• About this exercise
Once the line containing "rescale_pos : (a" is found in the entries below, restate it and each following line word for word, stopping after the line containing "IsNonneg-is_finite d h = ground arith".
-- Working data follows --
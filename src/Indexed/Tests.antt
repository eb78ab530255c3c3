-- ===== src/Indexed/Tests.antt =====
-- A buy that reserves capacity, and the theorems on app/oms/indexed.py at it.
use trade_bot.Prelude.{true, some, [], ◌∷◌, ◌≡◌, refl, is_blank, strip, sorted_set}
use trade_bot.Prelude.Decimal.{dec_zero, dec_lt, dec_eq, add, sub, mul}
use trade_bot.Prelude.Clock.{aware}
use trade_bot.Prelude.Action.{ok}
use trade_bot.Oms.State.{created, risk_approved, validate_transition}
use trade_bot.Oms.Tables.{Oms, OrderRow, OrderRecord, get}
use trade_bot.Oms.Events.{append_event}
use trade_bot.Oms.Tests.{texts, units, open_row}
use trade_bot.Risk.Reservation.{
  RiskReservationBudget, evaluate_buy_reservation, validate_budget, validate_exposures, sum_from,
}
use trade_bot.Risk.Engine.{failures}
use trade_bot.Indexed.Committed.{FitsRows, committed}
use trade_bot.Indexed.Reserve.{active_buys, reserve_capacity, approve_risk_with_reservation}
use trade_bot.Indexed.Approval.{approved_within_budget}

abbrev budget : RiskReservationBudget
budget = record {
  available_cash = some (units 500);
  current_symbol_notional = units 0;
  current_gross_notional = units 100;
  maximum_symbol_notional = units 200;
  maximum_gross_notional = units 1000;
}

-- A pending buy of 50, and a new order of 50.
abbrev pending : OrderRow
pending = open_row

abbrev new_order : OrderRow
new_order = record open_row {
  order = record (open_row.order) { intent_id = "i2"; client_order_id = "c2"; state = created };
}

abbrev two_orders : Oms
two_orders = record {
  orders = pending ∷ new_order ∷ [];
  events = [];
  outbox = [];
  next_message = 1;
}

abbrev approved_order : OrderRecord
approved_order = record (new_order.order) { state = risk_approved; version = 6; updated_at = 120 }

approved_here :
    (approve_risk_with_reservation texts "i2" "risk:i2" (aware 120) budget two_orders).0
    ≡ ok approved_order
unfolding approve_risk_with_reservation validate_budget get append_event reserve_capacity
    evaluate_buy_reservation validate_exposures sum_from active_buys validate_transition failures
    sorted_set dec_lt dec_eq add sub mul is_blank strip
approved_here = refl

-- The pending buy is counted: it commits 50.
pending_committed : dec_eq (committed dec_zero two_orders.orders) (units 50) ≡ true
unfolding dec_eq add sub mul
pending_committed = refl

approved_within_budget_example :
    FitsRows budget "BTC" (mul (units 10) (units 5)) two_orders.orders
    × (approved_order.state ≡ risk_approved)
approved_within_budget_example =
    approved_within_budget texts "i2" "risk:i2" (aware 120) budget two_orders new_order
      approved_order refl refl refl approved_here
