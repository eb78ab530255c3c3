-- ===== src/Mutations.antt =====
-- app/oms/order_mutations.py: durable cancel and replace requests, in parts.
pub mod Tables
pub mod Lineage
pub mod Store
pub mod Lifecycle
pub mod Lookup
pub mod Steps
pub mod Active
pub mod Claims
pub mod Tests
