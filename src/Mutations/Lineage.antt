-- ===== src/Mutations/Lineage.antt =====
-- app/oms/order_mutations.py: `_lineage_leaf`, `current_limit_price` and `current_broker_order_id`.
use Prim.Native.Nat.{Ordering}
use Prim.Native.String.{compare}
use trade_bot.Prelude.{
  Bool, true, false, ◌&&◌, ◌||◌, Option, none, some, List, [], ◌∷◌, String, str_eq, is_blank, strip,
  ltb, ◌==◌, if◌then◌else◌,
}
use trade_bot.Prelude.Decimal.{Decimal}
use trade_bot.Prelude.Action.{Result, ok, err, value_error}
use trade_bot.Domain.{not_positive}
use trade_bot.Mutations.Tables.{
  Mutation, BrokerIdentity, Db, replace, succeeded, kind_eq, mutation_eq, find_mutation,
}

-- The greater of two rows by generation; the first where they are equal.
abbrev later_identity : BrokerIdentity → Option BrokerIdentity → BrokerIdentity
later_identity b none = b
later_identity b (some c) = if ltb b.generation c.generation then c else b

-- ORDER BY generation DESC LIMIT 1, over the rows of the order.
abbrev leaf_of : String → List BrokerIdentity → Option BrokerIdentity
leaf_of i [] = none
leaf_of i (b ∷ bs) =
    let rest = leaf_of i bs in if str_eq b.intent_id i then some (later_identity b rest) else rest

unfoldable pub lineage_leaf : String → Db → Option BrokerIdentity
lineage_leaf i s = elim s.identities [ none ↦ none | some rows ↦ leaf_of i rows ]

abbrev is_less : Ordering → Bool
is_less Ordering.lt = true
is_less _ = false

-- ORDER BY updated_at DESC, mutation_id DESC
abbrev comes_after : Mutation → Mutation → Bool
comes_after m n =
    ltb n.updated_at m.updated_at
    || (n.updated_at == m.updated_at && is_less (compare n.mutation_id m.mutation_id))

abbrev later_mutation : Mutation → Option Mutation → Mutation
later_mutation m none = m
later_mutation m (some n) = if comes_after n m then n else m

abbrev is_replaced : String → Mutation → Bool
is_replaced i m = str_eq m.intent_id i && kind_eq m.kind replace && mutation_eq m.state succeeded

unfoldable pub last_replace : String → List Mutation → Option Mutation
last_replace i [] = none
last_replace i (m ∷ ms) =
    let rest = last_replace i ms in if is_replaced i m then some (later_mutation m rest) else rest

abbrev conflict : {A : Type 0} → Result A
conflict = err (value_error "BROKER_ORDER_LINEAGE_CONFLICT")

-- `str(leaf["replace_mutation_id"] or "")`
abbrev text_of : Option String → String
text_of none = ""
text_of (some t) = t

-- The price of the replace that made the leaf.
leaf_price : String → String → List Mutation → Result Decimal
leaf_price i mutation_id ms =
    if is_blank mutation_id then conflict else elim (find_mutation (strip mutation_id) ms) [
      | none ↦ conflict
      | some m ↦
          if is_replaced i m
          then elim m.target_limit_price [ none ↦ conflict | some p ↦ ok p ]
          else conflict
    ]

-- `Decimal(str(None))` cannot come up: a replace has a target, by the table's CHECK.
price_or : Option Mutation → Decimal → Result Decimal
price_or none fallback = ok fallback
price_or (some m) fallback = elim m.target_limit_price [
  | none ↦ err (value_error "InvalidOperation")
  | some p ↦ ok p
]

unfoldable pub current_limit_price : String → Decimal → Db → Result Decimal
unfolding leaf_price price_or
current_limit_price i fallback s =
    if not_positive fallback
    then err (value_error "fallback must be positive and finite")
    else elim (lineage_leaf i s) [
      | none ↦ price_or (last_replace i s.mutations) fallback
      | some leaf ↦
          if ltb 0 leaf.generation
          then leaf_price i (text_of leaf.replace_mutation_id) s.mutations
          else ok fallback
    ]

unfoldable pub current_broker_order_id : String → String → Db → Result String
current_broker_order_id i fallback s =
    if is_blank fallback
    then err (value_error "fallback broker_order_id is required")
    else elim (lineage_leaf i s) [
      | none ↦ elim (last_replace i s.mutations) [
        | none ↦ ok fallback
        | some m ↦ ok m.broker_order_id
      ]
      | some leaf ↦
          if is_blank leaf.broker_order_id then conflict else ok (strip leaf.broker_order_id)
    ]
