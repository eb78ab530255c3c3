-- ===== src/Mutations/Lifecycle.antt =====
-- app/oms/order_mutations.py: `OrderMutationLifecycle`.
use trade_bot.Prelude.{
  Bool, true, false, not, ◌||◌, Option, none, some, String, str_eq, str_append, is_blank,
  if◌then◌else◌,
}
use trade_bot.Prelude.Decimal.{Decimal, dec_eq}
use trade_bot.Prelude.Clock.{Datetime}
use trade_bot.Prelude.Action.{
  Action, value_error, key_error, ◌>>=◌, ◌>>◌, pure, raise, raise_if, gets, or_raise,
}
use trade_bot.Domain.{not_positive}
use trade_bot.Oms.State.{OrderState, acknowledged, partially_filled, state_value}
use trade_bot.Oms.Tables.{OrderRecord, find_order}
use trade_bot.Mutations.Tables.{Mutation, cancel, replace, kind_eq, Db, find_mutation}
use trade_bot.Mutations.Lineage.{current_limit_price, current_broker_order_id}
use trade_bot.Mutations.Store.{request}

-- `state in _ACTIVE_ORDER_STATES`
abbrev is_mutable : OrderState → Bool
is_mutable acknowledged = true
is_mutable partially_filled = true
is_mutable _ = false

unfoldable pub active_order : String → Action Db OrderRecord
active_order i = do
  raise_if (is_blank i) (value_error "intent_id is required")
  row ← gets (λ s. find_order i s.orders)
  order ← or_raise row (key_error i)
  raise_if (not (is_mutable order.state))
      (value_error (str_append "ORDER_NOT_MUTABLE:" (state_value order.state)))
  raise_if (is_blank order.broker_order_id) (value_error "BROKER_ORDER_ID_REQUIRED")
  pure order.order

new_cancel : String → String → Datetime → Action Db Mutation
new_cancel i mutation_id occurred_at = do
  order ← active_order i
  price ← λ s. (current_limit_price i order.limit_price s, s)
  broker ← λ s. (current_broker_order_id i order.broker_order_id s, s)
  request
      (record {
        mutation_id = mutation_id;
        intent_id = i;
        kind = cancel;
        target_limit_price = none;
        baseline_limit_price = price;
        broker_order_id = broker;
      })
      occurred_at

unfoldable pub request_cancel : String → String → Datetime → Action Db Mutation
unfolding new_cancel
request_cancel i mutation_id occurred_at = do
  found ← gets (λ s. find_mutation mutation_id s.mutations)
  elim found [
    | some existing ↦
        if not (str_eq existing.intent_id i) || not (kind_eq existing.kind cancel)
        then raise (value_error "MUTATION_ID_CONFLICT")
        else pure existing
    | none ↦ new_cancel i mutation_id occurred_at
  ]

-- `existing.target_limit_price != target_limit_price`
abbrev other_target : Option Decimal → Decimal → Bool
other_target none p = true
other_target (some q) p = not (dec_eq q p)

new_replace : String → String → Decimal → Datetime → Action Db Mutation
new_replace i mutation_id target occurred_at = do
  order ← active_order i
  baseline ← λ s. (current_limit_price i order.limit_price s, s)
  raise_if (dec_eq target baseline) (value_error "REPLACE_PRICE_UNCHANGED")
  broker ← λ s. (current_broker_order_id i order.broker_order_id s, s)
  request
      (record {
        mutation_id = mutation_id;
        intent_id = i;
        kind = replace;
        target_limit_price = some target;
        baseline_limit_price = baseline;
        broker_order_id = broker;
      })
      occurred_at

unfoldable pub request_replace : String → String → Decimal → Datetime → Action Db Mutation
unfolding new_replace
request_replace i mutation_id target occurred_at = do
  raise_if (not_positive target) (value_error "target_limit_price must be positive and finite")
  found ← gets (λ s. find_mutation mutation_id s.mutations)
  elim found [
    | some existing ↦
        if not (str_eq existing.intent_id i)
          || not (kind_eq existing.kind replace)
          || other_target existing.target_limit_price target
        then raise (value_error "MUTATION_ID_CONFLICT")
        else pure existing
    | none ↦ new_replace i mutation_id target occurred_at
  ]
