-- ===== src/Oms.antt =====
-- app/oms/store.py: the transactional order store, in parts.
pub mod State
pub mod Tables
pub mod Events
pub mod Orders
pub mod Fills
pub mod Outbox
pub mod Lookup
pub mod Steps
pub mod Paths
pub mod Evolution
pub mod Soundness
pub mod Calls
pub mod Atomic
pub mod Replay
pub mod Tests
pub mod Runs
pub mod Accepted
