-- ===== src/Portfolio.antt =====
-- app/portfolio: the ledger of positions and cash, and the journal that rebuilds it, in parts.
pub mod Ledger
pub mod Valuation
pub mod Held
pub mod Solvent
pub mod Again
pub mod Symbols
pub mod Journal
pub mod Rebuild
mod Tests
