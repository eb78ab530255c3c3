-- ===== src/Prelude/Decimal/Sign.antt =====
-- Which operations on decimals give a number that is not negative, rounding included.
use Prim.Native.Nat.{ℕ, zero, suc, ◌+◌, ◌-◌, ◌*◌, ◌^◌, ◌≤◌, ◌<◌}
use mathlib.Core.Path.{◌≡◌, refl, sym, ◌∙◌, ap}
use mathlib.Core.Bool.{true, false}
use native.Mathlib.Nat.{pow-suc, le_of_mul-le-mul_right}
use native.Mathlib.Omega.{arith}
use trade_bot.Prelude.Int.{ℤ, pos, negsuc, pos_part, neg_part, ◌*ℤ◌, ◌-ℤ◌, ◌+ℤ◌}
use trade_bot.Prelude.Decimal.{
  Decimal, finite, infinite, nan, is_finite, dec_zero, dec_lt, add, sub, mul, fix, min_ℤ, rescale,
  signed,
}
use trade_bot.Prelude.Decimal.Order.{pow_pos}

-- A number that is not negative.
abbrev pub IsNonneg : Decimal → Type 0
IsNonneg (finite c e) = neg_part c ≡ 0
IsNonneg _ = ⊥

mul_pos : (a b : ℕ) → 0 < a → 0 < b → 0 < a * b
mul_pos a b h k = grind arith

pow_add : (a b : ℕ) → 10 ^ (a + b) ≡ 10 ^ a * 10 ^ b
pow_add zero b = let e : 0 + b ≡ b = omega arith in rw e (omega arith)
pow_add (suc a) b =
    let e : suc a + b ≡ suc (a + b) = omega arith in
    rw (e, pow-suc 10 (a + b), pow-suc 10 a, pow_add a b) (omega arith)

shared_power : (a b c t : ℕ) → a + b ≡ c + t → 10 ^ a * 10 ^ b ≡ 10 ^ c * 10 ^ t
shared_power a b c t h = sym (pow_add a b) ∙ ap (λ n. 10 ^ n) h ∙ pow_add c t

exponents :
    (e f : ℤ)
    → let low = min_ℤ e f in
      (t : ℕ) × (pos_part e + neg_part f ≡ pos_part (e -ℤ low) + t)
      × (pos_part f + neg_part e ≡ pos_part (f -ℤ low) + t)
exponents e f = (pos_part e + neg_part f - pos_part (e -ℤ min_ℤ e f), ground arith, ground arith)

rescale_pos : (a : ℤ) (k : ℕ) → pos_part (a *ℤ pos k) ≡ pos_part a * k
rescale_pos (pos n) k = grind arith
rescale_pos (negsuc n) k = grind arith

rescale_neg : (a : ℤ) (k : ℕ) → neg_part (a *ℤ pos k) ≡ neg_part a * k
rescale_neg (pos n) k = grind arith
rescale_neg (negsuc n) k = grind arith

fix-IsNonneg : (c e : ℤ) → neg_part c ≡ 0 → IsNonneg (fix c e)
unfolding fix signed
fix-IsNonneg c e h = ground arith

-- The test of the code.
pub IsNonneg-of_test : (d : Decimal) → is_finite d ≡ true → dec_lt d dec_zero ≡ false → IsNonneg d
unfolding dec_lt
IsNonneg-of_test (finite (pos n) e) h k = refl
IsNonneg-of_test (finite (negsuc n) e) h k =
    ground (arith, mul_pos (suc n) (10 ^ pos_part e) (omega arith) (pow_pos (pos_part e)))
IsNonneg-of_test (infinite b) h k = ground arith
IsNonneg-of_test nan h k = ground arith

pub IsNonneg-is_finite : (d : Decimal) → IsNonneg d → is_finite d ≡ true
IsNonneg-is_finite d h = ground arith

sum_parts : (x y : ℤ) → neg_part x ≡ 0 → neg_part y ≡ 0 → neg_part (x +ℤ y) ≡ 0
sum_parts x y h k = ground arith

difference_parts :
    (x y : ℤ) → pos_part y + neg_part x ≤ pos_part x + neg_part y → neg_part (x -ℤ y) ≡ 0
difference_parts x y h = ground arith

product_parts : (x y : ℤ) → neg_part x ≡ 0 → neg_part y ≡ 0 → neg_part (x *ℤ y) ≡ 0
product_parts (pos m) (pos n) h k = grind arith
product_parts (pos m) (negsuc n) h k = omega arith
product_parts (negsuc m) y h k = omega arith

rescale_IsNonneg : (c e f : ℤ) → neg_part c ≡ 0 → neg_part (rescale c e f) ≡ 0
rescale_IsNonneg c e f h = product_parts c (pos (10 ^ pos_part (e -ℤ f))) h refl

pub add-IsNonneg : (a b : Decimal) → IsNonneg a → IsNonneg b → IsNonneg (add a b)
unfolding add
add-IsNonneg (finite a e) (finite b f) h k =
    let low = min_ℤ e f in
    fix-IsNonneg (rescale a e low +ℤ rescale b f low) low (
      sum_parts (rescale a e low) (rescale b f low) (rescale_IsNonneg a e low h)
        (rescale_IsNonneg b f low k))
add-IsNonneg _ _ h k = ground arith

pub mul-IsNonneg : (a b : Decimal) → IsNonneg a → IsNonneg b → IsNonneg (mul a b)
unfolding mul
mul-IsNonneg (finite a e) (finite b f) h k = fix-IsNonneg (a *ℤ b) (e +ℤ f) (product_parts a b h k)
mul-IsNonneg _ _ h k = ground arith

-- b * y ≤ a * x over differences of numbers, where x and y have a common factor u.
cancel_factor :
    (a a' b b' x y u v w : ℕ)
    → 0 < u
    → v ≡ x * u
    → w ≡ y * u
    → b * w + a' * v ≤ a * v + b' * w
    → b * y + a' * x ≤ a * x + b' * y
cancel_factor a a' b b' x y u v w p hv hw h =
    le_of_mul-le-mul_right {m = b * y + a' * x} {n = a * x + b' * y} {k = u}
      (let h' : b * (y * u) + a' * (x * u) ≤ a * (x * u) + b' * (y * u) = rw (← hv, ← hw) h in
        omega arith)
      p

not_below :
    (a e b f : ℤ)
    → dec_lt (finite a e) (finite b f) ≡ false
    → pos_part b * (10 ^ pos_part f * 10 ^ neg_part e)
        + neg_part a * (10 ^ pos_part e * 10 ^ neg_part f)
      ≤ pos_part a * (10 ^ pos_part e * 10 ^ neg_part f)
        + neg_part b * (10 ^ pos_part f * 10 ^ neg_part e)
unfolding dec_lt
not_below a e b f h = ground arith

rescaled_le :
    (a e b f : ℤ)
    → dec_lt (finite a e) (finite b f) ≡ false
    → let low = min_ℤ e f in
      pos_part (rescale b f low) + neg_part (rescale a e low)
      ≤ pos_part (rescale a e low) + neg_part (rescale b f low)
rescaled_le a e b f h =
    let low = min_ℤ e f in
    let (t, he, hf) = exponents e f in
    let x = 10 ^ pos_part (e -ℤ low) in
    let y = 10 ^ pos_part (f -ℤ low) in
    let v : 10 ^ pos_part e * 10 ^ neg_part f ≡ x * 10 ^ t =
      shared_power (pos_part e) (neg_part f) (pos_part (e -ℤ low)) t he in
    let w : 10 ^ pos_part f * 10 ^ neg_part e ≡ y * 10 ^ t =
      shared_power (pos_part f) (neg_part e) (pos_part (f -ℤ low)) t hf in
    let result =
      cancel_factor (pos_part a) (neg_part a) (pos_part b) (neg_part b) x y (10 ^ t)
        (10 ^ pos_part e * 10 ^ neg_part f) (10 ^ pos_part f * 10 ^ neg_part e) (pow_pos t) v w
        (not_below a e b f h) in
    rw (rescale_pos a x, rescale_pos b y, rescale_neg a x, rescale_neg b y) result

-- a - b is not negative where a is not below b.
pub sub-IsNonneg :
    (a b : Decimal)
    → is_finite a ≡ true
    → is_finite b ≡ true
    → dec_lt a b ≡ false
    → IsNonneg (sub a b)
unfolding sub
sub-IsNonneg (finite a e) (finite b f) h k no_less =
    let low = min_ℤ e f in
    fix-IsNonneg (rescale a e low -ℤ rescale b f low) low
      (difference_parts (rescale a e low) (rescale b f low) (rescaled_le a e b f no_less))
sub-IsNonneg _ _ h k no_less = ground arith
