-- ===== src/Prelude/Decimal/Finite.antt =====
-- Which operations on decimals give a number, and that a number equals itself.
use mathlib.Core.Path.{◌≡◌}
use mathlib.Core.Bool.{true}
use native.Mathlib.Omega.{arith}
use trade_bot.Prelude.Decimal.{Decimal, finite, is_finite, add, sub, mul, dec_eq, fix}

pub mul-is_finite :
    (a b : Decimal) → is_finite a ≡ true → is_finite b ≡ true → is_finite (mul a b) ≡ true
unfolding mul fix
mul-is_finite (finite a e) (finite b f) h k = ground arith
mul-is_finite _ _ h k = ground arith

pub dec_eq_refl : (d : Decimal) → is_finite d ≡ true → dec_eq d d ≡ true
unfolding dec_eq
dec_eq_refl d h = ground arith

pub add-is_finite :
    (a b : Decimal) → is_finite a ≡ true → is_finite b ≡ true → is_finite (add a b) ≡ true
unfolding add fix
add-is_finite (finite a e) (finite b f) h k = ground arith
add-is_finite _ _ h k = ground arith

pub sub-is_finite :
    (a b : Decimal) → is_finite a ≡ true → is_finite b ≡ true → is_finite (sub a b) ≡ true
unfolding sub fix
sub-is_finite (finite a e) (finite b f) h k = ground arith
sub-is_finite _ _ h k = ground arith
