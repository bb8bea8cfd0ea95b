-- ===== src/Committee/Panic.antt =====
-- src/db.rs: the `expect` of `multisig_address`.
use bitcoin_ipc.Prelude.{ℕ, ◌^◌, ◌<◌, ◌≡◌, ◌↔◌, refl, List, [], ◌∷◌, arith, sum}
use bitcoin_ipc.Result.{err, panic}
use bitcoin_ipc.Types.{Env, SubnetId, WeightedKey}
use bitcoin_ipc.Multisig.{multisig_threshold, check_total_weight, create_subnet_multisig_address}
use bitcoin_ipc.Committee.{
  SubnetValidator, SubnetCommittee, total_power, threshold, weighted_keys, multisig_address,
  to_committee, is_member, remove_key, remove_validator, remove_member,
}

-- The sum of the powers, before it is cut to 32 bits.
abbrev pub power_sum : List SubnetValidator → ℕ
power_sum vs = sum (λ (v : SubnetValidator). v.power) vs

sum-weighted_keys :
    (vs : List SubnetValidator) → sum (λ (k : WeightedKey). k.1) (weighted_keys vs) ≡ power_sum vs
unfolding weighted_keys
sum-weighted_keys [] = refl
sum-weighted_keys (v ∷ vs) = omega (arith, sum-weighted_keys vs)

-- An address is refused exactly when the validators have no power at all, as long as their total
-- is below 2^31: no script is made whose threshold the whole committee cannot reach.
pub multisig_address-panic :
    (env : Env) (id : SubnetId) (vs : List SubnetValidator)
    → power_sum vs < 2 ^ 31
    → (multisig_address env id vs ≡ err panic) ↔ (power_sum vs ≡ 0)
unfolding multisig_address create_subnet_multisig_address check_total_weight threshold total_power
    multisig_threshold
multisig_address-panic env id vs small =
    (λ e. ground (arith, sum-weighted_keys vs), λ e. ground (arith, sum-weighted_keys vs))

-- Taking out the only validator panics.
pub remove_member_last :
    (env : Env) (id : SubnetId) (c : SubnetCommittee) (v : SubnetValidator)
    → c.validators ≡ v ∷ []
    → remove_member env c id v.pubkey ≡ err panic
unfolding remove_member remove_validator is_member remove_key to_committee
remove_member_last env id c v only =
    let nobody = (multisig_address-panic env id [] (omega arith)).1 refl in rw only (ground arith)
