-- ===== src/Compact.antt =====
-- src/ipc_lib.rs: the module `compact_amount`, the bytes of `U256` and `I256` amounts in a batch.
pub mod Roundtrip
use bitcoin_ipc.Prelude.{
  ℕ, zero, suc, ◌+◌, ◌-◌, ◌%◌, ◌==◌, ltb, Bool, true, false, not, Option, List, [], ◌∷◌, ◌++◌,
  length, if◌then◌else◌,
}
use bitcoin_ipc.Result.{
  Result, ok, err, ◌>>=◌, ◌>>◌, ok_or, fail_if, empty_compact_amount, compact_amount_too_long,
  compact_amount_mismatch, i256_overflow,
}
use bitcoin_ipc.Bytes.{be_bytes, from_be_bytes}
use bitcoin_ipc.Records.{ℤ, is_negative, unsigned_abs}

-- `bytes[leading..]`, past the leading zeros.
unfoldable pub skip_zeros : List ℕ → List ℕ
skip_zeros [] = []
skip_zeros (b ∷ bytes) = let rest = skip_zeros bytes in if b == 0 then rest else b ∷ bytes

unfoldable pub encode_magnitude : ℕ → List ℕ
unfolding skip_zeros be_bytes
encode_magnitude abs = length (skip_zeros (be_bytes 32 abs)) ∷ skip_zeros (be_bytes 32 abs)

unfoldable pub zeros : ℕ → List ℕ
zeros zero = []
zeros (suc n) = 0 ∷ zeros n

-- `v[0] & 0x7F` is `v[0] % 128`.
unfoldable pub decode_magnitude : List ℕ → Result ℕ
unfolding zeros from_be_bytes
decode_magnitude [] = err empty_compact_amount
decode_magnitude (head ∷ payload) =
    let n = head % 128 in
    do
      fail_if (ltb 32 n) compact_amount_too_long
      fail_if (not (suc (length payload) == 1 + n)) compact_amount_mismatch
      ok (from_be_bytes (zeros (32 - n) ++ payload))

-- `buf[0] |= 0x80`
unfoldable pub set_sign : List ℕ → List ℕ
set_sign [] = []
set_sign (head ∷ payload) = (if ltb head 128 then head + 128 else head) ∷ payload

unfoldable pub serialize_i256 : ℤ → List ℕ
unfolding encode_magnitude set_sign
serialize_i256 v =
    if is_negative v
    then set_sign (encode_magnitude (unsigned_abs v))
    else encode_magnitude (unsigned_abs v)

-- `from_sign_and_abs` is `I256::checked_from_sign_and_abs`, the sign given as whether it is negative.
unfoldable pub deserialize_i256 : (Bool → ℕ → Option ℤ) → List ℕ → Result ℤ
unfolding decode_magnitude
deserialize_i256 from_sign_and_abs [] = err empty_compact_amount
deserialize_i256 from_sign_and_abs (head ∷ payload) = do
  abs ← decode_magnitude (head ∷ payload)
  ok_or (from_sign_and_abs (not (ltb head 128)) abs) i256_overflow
-- Working data concluded --
• Finished exercise
rescale_pos : (a : ℤ) (k : ℕ) → pos_part (a *ℤ pos k) ≡ pos_part a * k
rescale_pos (pos n) k = grind arith
rescale_pos (negsuc n) k = grind arith

rescale_neg : (a : ℤ) (k : ℕ) → neg_part (a *ℤ pos k) ≡ neg_part a * k
rescale_neg (pos n) k = grind arith
rescale_neg (negsuc n) k = grind arith

fix-IsNonneg : (c e : ℤ) → neg_part c ≡ 0 → IsNonneg (fix c e)
unfolding fix signed
fix-IsNonneg c e h = ground arith

-- The test of the code.
pub IsNonneg-of_test : (d : Decimal) → is_finite d ≡ true → dec_lt d dec_zero ≡ false → IsNonneg d
unfolding dec_lt
IsNonneg-of_test (finite (pos n) e) h k = refl
IsNonneg-of_test (finite (negsuc n) e) h k =
    ground (arith, mul_pos (suc n) (10 ^ pos_part e) (omega arith) (pow_pos (pos_part e)))
IsNonneg-of_test (infinite b) h k = ground arith
IsNonneg-of_test nan h k = ground arith

pub IsNonneg-is_finite : (d : Decimal) → IsNonneg d → is_finite d ≡ true
IsNonneg-is_finite d h = ground arith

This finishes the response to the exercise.